Go through the data and retrieve each line that includes the string "running".

Saved data entries:
------------

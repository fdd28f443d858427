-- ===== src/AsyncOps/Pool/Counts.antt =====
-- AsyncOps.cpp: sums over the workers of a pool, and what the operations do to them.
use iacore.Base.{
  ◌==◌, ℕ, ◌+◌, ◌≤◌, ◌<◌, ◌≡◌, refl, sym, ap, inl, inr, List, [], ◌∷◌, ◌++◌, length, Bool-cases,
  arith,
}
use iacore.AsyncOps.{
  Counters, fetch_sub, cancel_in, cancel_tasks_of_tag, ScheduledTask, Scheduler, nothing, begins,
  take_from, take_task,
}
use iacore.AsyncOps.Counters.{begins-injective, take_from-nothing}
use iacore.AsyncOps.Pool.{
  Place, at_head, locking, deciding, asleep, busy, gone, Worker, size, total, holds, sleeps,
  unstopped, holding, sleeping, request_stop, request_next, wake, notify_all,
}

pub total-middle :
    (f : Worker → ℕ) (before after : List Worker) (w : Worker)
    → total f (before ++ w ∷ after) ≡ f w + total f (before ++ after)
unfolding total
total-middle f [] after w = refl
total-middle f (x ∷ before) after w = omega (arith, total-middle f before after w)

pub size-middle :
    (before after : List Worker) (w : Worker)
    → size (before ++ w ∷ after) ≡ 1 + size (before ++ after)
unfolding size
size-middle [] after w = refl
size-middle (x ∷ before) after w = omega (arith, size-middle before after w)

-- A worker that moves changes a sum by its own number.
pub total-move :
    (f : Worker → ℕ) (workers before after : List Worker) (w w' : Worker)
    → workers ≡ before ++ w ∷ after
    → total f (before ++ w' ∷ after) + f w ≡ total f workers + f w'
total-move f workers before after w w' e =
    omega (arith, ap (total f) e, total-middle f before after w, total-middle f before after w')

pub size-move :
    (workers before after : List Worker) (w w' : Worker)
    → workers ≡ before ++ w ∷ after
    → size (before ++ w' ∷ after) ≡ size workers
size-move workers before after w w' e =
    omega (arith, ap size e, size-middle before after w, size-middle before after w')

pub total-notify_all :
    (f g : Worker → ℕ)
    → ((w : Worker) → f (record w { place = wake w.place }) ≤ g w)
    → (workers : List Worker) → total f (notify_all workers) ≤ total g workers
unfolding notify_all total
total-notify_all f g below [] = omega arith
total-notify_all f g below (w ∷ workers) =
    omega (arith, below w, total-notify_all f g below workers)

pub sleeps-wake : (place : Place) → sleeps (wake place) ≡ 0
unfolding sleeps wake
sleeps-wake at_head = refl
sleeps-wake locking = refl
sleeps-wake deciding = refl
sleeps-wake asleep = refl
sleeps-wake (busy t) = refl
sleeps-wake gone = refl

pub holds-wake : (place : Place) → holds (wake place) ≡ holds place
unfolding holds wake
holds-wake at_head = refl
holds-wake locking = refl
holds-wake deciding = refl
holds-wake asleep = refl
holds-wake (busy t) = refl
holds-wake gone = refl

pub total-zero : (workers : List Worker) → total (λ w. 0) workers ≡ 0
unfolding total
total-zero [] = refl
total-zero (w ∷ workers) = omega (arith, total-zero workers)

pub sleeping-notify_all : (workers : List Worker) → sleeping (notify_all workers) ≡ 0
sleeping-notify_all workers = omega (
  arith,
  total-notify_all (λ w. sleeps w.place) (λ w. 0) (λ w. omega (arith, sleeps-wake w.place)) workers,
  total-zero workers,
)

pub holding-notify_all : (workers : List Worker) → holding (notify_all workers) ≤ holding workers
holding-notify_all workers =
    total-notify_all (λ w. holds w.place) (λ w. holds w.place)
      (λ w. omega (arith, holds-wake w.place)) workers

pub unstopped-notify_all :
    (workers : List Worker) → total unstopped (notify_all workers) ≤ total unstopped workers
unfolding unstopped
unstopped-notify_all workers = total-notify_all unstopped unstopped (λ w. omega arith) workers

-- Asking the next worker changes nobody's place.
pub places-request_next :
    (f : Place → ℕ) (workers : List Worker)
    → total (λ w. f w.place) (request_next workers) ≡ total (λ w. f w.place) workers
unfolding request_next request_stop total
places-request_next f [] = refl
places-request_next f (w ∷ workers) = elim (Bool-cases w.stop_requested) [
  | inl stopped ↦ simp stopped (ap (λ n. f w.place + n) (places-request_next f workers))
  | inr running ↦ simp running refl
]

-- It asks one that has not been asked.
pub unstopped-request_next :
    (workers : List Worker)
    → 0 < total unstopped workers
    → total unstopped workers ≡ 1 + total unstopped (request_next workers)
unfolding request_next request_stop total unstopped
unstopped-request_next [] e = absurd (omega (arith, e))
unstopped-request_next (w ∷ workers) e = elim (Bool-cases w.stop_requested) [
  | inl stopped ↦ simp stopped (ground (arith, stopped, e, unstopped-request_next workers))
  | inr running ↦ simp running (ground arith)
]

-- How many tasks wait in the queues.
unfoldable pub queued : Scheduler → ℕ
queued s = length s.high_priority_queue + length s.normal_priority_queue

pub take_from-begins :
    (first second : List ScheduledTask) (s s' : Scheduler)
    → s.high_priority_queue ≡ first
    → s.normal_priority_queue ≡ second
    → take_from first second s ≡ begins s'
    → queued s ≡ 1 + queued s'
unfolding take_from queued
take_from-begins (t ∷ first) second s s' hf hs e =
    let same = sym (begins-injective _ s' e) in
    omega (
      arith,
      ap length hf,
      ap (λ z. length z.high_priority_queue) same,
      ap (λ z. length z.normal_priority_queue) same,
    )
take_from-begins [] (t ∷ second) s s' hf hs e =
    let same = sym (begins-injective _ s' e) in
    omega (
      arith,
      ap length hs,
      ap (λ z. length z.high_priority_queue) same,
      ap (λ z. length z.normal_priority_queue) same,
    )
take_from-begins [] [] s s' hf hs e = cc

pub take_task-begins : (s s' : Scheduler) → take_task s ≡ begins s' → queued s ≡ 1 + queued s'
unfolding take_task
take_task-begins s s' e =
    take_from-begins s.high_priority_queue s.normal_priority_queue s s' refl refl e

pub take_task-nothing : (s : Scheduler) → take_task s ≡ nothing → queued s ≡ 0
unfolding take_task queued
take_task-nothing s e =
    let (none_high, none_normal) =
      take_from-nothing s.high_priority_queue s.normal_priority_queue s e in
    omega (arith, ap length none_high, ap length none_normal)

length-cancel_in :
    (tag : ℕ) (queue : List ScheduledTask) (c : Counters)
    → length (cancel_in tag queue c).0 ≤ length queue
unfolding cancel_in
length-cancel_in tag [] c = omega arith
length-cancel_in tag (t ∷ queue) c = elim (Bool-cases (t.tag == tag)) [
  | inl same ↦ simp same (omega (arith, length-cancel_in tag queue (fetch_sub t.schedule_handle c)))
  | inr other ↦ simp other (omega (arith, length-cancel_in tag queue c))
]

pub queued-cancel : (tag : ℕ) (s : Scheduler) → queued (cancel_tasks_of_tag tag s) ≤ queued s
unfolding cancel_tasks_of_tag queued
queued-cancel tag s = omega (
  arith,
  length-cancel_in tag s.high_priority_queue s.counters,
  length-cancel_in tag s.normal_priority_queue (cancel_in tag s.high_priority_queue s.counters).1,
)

------------

▶ _Answer to the problem_
  | inr running ↦ simp running refl
  | inr running ↦ simp running (ground arith)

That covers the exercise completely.